The Cirque Traverse, again, this time in February with Zach Keskinen, a friend from CC, originally from Fairbanks, AK. We had previously climbed together in the Canadian Rockies, doing Curtain Call together, and in the Waddington Range, sending "The Wadd" and Combatant. He guides on Denali most summers, and I learned some things from his solid base of winter skills. He generally dealt with the cold better than I did, and his sense of humor kept morale high.
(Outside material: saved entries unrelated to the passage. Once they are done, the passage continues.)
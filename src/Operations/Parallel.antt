-- ===== src/Operations/Parallel.antt =====
-- The goroutines of `ProcessOnce`: the order in which they finish does not matter.
use brevyn_cloud.Base.{
  ℕ, ◌≡◌, ◌≢◌, refl, ap, sym, ◌∙◌, Bool, true, false, List, [], ◌∷◌, inl, inr, Bool-cases, text_eq,
  text_eq_sound, update_where,
}
use brevyn_cloud.Operations.{Operation, has_public_id, succeed, fail, mark_succeeded, mark_failed}
use brevyn_cloud.Operations.Runner.{OperationRecord, Outcome, done, error, process_claimed}

-- Two updates of different rows commute.
update_where_comm :
    (p q : Operation → Bool) (f g : Operation → Operation) (rows : List Operation)
    → ((op : Operation) → p (g op) ≡ p op)
    → ((op : Operation) → q (f op) ≡ q op)
    → ((op : Operation) → p op ≡ true → q op ≡ false)
    → update_where p f (update_where q g rows) ≡ update_where q g (update_where p f rows)
unfolding update_where
update_where_comm p q f g [] pg qf apart = refl
update_where_comm p q f g (x ∷ rows) pg qf apart =
    let rest = update_where_comm p q f g rows pg qf apart in
    elim (Bool-cases (p x)) [
      | inl e ↦ cc (rest, e, apart x e, qf x)
      | inr e ↦ elim (Bool-cases (q x)) [ inl h ↦ cc (rest, e, h, pg x) | inr h ↦ cc (rest, e, h) ]
    ]

-- What a finished claim writes: an update of the rows with its public id, which keeps public ids.
record Write (r : OperationRecord) (act : List Operation → List Operation) : Type 0 where
  set : Operation → Operation
  keeps : (op : Operation) → (set op).public_id ≡ op.public_id
  is_update : (rows : List Operation) → act rows ≡ update_where (has_public_id r.public_id) set rows

process_claimed-Write :
    (r : OperationRecord) (outcome : Outcome) (clock now : ℕ)
    → Write r (process_claimed r outcome clock now)
unfolding process_claimed mark_succeeded mark_failed succeed fail
process_claimed-Write r (done result) clock now = record {
  set = succeed result now;
  keeps = λ op. refl;
  is_update = λ rows. refl;
}
process_claimed-Write r (error e) clock now = record {
  set = fail _ _ _ now;
  keeps = λ op. refl;
  is_update = λ rows. refl;
}

-- Two claims with different public ids may finish in either order: the table is the same.
pub process_claimed_comm :
    (r s : OperationRecord) (a b : Outcome) (clock clock' now now' : ℕ) (rows : List Operation)
    → r.public_id ≢ s.public_id
    → process_claimed r a clock now (process_claimed s b clock' now' rows)
      ≡ process_claimed s b clock' now' (process_claimed r a clock now rows)
process_claimed_comm r s a b clock clock' now now' rows apart =
    let first = process_claimed-Write r a clock now in
    let second = process_claimed-Write s b clock' now' in
    simp (first.is_update, second.is_update)
      (update_where_comm _ _ first.set second.set rows
        (λ op. ap (λ i. text_eq i r.public_id) (second.keeps op))
        (λ op. ap (λ i. text_eq i s.public_id) (first.keeps op))
        (λ op hit. elim (Bool-cases (text_eq op.public_id s.public_id)) [
          | inl both ↦ absurd (apart (sym (text_eq_sound _ _ hit) ∙ text_eq_sound _ _ both))
          | inr other ↦ other
        ]))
    Last year in January I skiied nearly 20 miles across the desert just to get to Big Sandy Trailhead, the normal summer starting point, with Niels Davis. We towed toy plastic sleds from harnesses, laden down with way too much gear, adding to the suffer quotient. Our friend dropped us off, and we traversed out the lander side to Sinks Canyon after climbing Pingora. 
     This time around Zach and I were able to borrow snowmobiles from Josh Wagner, a friend from Dubois, Wy. This helped us cross around 20 miles of snow-drifted sagebrush high-desert to get to within about three miles of the wilderness boundary, at which point the machines were stuck in bottomless powder. From there we skiied around 12 miles into the cirque where we slept in a wet snow cave and got-to-it on Pingora the next morning. The perfect, flaring, smooth granite of the cirque is poorly suited to double boots and crampons. Many of the cracks were full of snow and ice, and we would have an interesting challenge ahead of us. our heavy packs weighed us down but the psyche was high. Our sleeping bags were draped over our packs all morning to dry as we simul-climbed the sunny, southeast facing headwall.
Zach leading on pingora. We got off route trying the follow the East ledges (5.2) and ended up climbing some vertical handcracks (~5.7) and joining the upper South Buttress. In the future staying on the ledges would save time.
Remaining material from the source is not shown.